There was a significant non-linear trend (U-shaped) between JIS-MetS risk and NST (p=0.0196) (Figure 1A), such that for NST Q2, there was 80% less likelihood of being at high risk for JIS-MetS. There was also a significant difference in frequencies between NST Q1 and Q2 (p=0.021) (Figure 1A).
There was a significant positive, linear trend between JIS-MetS risk and SFI (p=0.0001) (Figure 1C). The odds of high risk JIS-MetS for SFI Q3 was high (OR= 69.81, 8.44; 577.63), however the confidence intervals were wide. There were significant differences between the frequencies for Q3 versus Q1 and Q2 (p<0.001) (Figure 1C).
Being a current user of both alcohol and tobacco products carried a significant higher odds for JIS-MetS high risk in the NST (OR=4.51, p=0.034) and SFI (OR=6.55, p =0.023) models (Figure 1A-C).
In binary logistic regression models (Figure 1A-C) males had significantly lower odds for JIS-MetS high risk (OR≈0.15, p≤ 0.006), and similarly for HIV+ in the NST and SFI models (OR=0.25, p≤0.0035). Once adjusted for adiposity (CI), sex was no longer a significant factor (p≥0.097). However, HIV+ status remained a significant factor in most models (OR≈0.26, p≤0.048) (Figure 1A-C).
There was a significant linear trend between TST and HOMA-IR levels (p=0.0444) (Figure 1D). Compared to TST Q1 and Q2, being in TST Q3 (longest sleep time) increased the odds of being in the highest HOMA-IR level (Q3) by a factor of 2.84 (p=0.044) (Figure 1D).
There were significant linear relationships between SE and WASO, and HOMA-IR (p≤0.007) (Figure 1E). A high SE (Q3) was 85% less likely to result in HOMA-IR Q3 (p=0.001). Being in WASO Q2 and Q3 significantly increased the odds for HOMA-IR Q3; OR=3.17 and OR=6.75, respectively (p≤0.019).
Both TST Q3 and SE Q3 were concurrently and independently significant within the TST and SE models (p≤0.0044) (Figure 1A-B).
SFI and AC were significantly associated with increasing HOMA-IR levels (p≤0.0201) (Figure 1F). Being in SFI Q2 and Q3 significantly increased the odds for HOMA-IR Q3, OR=4.67 (p=0.004) and OR=10.91 (p<0.001), respectively. For AC Q3 the odds of being in the HOMA-IR Q3 was 3.01 (p=0.020) (Figure 1F).
In ordinal logistic regression models (Figure 1D-F), being in the VM Q2 level, significantly decreased the odds of being in HOMA-IR Q3 by a factor of ≈0.31 (p≤0.039). In contrast, for both CI Q2 and Q3 levels, the odds of being in HOMA-IR Q3 were significantly increased; Q2 OR≈2.9 and Q3 OR≈3.79, respectively (p≤0.045) (Figure 1D-F).

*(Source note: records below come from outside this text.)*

-- ===== src/Config.antt =====
-- `read_config` of src/os.c, as it is compiled with MLQ_SCHED and MM_PAGING and without MM_FIXED_MEMSZ. `fopen` and
-- `fscanf` are of the C library, so the file is a parameter: the type `Input` of what is left of it, and the
-- conversions `%d`, `%lu` and `%s`, which pass over white space by themselves.
pub mod Print
pub mod Token
pub mod Sample
mod Tests
use btlos.Prelude.{
  ℕ, zero, suc, ◌+◌, Bool, true, false, Option, none, some, List, [], ◌∷◌, ◌++◌, Outcome, done,
  fault, ◌>>=◌, length, ltb, if◌then◌else◌,
}
use btlos.Prelude.Int.{ℤ, pos, rounds}
use btlos.Loader.{Word}

-- An entry of the arrays `path`, `start_time` and `prio` of `ld_processes`.
pub record Entry : Type 0 where
  pub path : Word
  pub start_time : ℕ
  pub prio : ℕ

-- The static variables that are read.
pub record Config : Type 0 where
  pub time_slot : ℤ
  pub num_cpus : ℤ
  pub num_processes : ℤ
  pub memramsz : ℤ
  pub memswpsz : List ℤ
  pub ld_processes : List Entry

-- `PAGING_MAX_MMSWP`
abbrev pub max_mmswp : ℕ
max_mmswp = 4

-- "input/proc/"
abbrev pub proc_folder : Word
proc_folder = 105 ∷ 110 ∷ 112 ∷ 117 ∷ 116 ∷ 47 ∷ 112 ∷ 114 ∷ 111 ∷ 99 ∷ 47 ∷ []

-- The size of the arrays `proc` and `path[i]`.
abbrev pub path_size : ℕ
path_size = 100

-- `strcat` of the folder and the name into `path[i]`, with the 0 at its end.
full_path : Word → Outcome Word
full_path name =
    if ltb (length (proc_folder ++ name)) path_size then done (proc_folder ++ name) else fault

-- A conversion gives `none` where it fails or the file ends.
module _ {Input : Type 0} (scan_d : Input → Option ℤ × Input) (scan_lu : Input → Option ℕ × Input)
    (scan_s : Input → Option Word × Input) where
  -- `%d` into a variable that holds `old`, where the conversions of the same call before it have not failed.
  scan_int : ℤ → Bool × Input → ℤ × Bool × Input
  scan_int old (go_on, file) = elim go_on [
    | false ↦ (old, false, file)
    | true ↦ elim ((scan_d file).0) [
      | none ↦ (old, false, (scan_d file).1)
      | some n ↦ (n, true, (scan_d file).1)
    ]
  ]

  -- The loop over `memswpsz`, one call for each; the variables are 0 at first.
  scan_sizes : ℕ → Input → List ℤ × Input
  scan_sizes zero file = ([], file)
  scan_sizes (suc n) file =
      let size = scan_int (pos 0) (true, file) in
      let rest = scan_sizes n (size.2) in (size.0 ∷ rest.0, rest.1)

  -- `%lu` for the priority, which keeps what the memory holds where it fails.
  scan_prio : ℕ → Word → ℕ → Input → Entry × Input
  scan_prio garbage path start_time file = elim ((scan_lu file).0) [
    | none ↦ (record { path = path; start_time = start_time; prio = garbage }, (scan_lu file).1)
    | some n ↦ (record { path = path; start_time = start_time; prio = n }, (scan_lu file).1)
  ]

  -- The loop body over the processes. Where no name is read, `proc` is copied without being set; a name of
  -- `path_size` characters or more leaves it.
  scan_entry : ℕ → Input → Outcome (Entry × Input)
  scan_entry garbage file = elim ((scan_lu file).0) [
    | none ↦ fault
    | some start_time ↦ elim ((scan_s (scan_lu file).1).0) [
      | none ↦ fault
      | some name ↦
          if ltb (length name) path_size
          then (do
            path ← full_path name
            done (scan_prio garbage path start_time ((scan_s (scan_lu file).1).1)))
          else fault
    ]
  ]

  pub scan_entries : ℕ → ℕ → Input → Outcome (List Entry)
  scan_entries garbage zero file = done []
  scan_entries garbage (suc n) file = do
    (entry, file1) ← scan_entry garbage file
    rest ← scan_entries garbage n file1
    done (entry ∷ rest)

  -- `read_config` of the file that `fopen` gives; `none` is the end of the program by `exit (1)`.
  pub read_config : ℕ → Option Input → Outcome (Option Config)
  read_config garbage none = done none
  read_config garbage (some file) = do
    let slot = scan_int (pos 0) (true, file)
    let cpus = scan_int (pos 0) (slot.1, slot.2)
    let processes = scan_int (pos 0) (cpus.1, cpus.2)
    let ram = scan_int (pos 0) (true, processes.2)
    let swaps = scan_sizes max_mmswp (ram.2)
    entries ← scan_entries garbage (rounds (processes.0)) (swaps.1)
    done (
        some (record {
          time_slot = slot.0;
          num_cpus = cpus.0;
          num_processes = processes.0;
          memramsz = ram.0;
          memswpsz = swaps.0;
          ld_processes = entries;
        }))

Expressing sleep quantity and quality parameters in terms of sleep health guidelines, we found significant non-linear associations with JIS-MetS risk (p≤0.0308) (Figure S1A-F, see Additional file 1). The relationship between sleep categories for both TST and NST, and JIS-MetS risk were U-shaped, the nadir at 7-9 hours of sleep (Figure S1A-B, see Additional file 1).

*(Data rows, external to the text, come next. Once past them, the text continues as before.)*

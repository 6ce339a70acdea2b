-- ===== src/Config/Print.antt =====
-- The text that `read_config` of src/os.c reads, written from a configuration.
use btlos.Prelude.{
  ℕ, suc, ◌≡◌, ◌<◌, ◌^◌, refl, sym, ap, true, Option, some, List, [], ◌∷◌, ◌++◌, done, arith,
  length, lt→ltb, get_elem?,
}
use btlos.Prelude.Int.{ℤ, pos, negsuc}
use btlos.Loader.{Word}
use btlos.Config.{
  Entry, max_mmswp, proc_folder, path_size, full_path, scan_int, scan_sizes, scan_prio, scan_entry,
  scan_entries, read_config,
}

-- An `int`.
abbrev pub IsInt : ℤ → Type 0
IsInt (pos n) = n < 2 ^ 31
IsInt (negsuc n) = n < 2 ^ 31

-- A line for a process: its name is what follows the folder in its path.
pub record Line : Type 0 where
  pub name : Word
  pub start_time : ℕ
  pub prio : ℕ

-- A line that a file can hold, where `IsName` are the words that `%s` reads back. The folder, the name and the 0 at
-- its end fit in `path_size`.
pub record IsLine (IsName : Word → Type 0) (l : Line) : Type 0 where
  pub named : IsName l.name
  pub short : length l.name < 89
  pub starts : l.start_time < 2 ^ 64
  pub ranks : l.prio < 2 ^ 64

abbrev pub entry_of : Line → Entry
entry_of l = record { path = proc_folder ++ l.name; start_time = l.start_time; prio = l.prio }

abbrev pub entries_of : List Line → List Entry
entries_of [] = []
entries_of (l ∷ ls) = entry_of l ∷ entries_of ls

full_path-short : (name : Word) → length name < 89 → full_path name ≡ done (proc_folder ++ name)
unfolding full_path
full_path-short name short =
    rw (lt→ltb {a = length (proc_folder ++ name)} {b = path_size} (omega (arith, short))) refl

module _ {Input : Type 0} (print_d : ℤ → Input → Input) (print_lu : ℕ → Input → Input)
    (print_s : Word → Input → Input) where
  pub print_sizes : List ℤ → Input → Input
  print_sizes [] file = file
  print_sizes (n ∷ ns) file = print_d n (print_sizes ns file)

  pub print_lines : List Line → Input → Input
  print_lines [] file = file
  print_lines (l ∷ ls) file =
      print_lu l.start_time (print_s l.name (print_lu l.prio (print_lines ls file)))

  -- The whole file, for `lines` of processes.
  pub print : (time_slot num_cpus memramsz : ℤ) → List ℤ → List Line → Input → Input
  print time_slot num_cpus memramsz sizes lines file = print_d time_slot (
      print_d num_cpus (
        print_d (pos (length lines))
          (print_d memramsz (print_sizes sizes (print_lines lines file)))))

  -- What the conversions read is what was written; an `int` for `%d`, an `unsigned long` for `%lu`.
  module _ (scan_d : Input → Option ℤ × Input) (scan_lu : Input → Option ℕ × Input)
      (scan_s : Input → Option Word × Input) (IsName : Word → Type 0)
      (integer : (n : ℤ) → IsInt n → (file : Input) → scan_d (print_d n file) ≡ (some n, file))
      (number : (n : ℕ) → n < 2 ^ 64 → (file : Input) → scan_lu (print_lu n file) ≡ (some n, file))
      (word : (w : Word)
        → IsName w
        → (file : Input) → scan_s (print_s w file) ≡ (some w, file)) where
    scan_int-print :
        (old n : ℤ) (file : Input)
        → IsInt n
        → scan_int scan_d scan_lu scan_s old (true, print_d n file) ≡ (n, true, file)
    unfolding scan_int
    scan_int-print old n file fits =
        let e = integer n fits file in rw (ap (λ r. r.0) e, ap (λ r. r.1) e, scan_int) refl

    scan_sizes-print :
        (ns : List ℤ) (file : Input)
        → ((i : ℕ) (n : ℤ) → get_elem? ns i ≡ some n → IsInt n)
        → scan_sizes scan_d scan_lu scan_s (length ns) (print_sizes ns file) ≡ (ns, file)
    unfolding scan_sizes print_sizes
    scan_sizes-print [] file all = refl
    scan_sizes-print (n ∷ ns) file all =
        rw
          (
            scan_int-print (pos 0) n (print_sizes ns file) (all 0 n refl),
            scan_sizes-print ns file (λ i. all (suc i)),
          )
          refl

    scan_entry-print :
        (garbage : ℕ) (l : Line) (file : Input)
        → IsLine IsName l
        → scan_entry scan_d scan_lu scan_s garbage
            (print_lu l.start_time (print_s l.name (print_lu l.prio file)))
          ≡ done (entry_of l, file)
    unfolding scan_entry scan_prio
    scan_entry-print garbage l file v =
        let first = number l.start_time v.starts (print_s l.name (print_lu l.prio file)) in
        let second = word l.name v.named (print_lu l.prio file) in
        let third = number l.prio v.ranks file in
        rw
          (
            ap (λ r. r.0) first,
            ap (λ r. r.1) first,
            ap (λ r. r.0) second,
            lt→ltb {a = length l.name} {b = path_size} (omega (arith, v.short)),
            full_path-short l.name v.short,
            ap (λ r. r.1) first,
            ap (λ r. r.1) second,
            ap (λ r. r.0) third,
            ap (λ r. r.1) first,
            ap (λ r. r.1) second,
            ap (λ r. r.1) third,
            scan_entry,
            scan_prio,
          )
          refl

    scan_entries-print :
        (garbage : ℕ) (ls : List Line) (file : Input)
        → ((i : ℕ) (l : Line) → get_elem? ls i ≡ some l → IsLine IsName l)
        → scan_entries scan_d scan_lu scan_s garbage (length ls) (print_lines ls file)
          ≡ done (entries_of ls)
    unfolding scan_entries print_lines
    scan_entries-print garbage [] file all = refl
    scan_entries-print garbage (l ∷ ls) file all =
        rw
          (
            scan_entry-print garbage l (print_lines ls file) (all 0 l refl),
            scan_entries-print garbage ls file (λ i. all (suc i)),
          )
          refl

    -- `read_config` reads a configuration back from the file that was written from it: the time
    -- slot, the numbers of CPUs and processes, the sizes of RAM and of the four swap devices, and
    -- for each process its path in the folder of programs, its start time and its priority. The
    -- names have fewer than 89 characters and are read back by `%s`; integers and numbers fit their
    -- types.
    pub read_config-print :
        (garbage : ℕ) (time_slot num_cpus memramsz : ℤ) (sizes : List ℤ) (lines : List Line)
        (file : Input)
        → IsInt time_slot
        → IsInt num_cpus
        → length lines < 2 ^ 31
        → IsInt memramsz
        → length sizes ≡ max_mmswp
        → ((i : ℕ) (n : ℤ) → get_elem? sizes i ≡ some n → IsInt n)
        → ((i : ℕ) (l : Line) → get_elem? lines i ≡ some l → IsLine IsName l)
        → read_config scan_d scan_lu scan_s garbage
            (some (print time_slot num_cpus memramsz sizes lines file))
          ≡ done (
              some (record {
                time_slot = time_slot;
                num_cpus = num_cpus;
                num_processes = pos (length lines);
                memramsz = memramsz;
                memswpsz = sizes;
                ld_processes = entries_of lines;
              }))
    unfolding read_config print
    read_config-print garbage time_slot num_cpus memramsz sizes lines file slot cpus few ram four
          ints all =
        simp
          (
            scan_int-print (pos 0),
            slot,
            cpus,
            few,
            ram,
            sym four,
            scan_sizes-print sizes (print_lines lines file) ints,
            scan_entries-print garbage lines file all,
          )
          refl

In binary logistic regression models (Figure S1A-C, see Additional file 1) males had significantly lower odds for JIS-MetS high risk (OR≈0.14, p= 0.004), and similarly for HIV+ (OR≈0.26, p≤0.0034). Once adjusted for adiposity (CI), sex was no longer a significant factor (p≥0.121). However, HIV+ status remained a significant factor in most models (OR≈0.23, p≤0.045) (Figure S1A-C, see Additional file 1).

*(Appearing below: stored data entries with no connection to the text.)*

-- ===== src/Config/Token.antt =====
-- A file of src/os.c as a list of integers, numbers and words, which shows that its conversions can be as assumed.
use btlos.Prelude.{ℕ, ◌^◌, ◌≡◌, ◌<◌, refl, Option, none, some, List, ◌∷◌}
use btlos.Prelude.Int.{ℤ}
use btlos.Loader.{Word}
use btlos.Config.Print.{IsInt}

pub data Token : Type 0 where
  int : ℤ → Token
  num : ℕ → Token
  word : Word → Token

unfoldable pub scan_d : List Token → Option ℤ × List Token
scan_d (int n ∷ file) = (some n, file)
scan_d file = (none, file)

unfoldable pub scan_lu : List Token → Option ℕ × List Token
scan_lu (num n ∷ file) = (some n, file)
scan_lu file = (none, file)

unfoldable pub scan_s : List Token → Option Word × List Token
scan_s (word w ∷ file) = (some w, file)
scan_s file = (none, file)

abbrev pub print_d : ℤ → List Token → List Token
print_d n file = int n ∷ file

abbrev pub print_lu : ℕ → List Token → List Token
print_lu n file = num n ∷ file

abbrev pub print_s : Word → List Token → List Token
print_s w file = word w ∷ file

-- Every word is read back.
abbrev pub IsName : Word → Type 0
IsName w = Unit {0}

pub integer_law : (n : ℤ) → IsInt n → (file : List Token) → scan_d (print_d n file) ≡ (some n, file)
unfolding scan_d
integer_law n h file = refl

pub number_law :
    (n : ℕ) → n < 2 ^ 64 → (file : List Token) → scan_lu (print_lu n file) ≡ (some n, file)
unfolding scan_lu
number_law n h file = refl

pub word_law :
    (w : Word) → IsName w → (file : List Token) → scan_s (print_s w file) ≡ (some w, file)
unfolding scan_s
word_law w h file = refl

In ordinal logistic regression models (Figure S1D-F, see Additional file 1) physical activity (VM Q2) significantly reduced the odds of being in HOMA-IR Q3 by a factor of ≈0.26 (p≤0.010). For both CI Q2 and Q3 levels, the odds of being in HOMA-IR Q3 were significantly increased (Q2 OR≈3.16, Q3 OR≈3.89, p≤0.022). For SE ≥85%, there was a 76% lower likelihood of being in HOMA-IR Q3. Significantly more participants were classified as low HOMA-IR (Q1) in the SE ≥85% category (Figure S1D, see Additional file 1).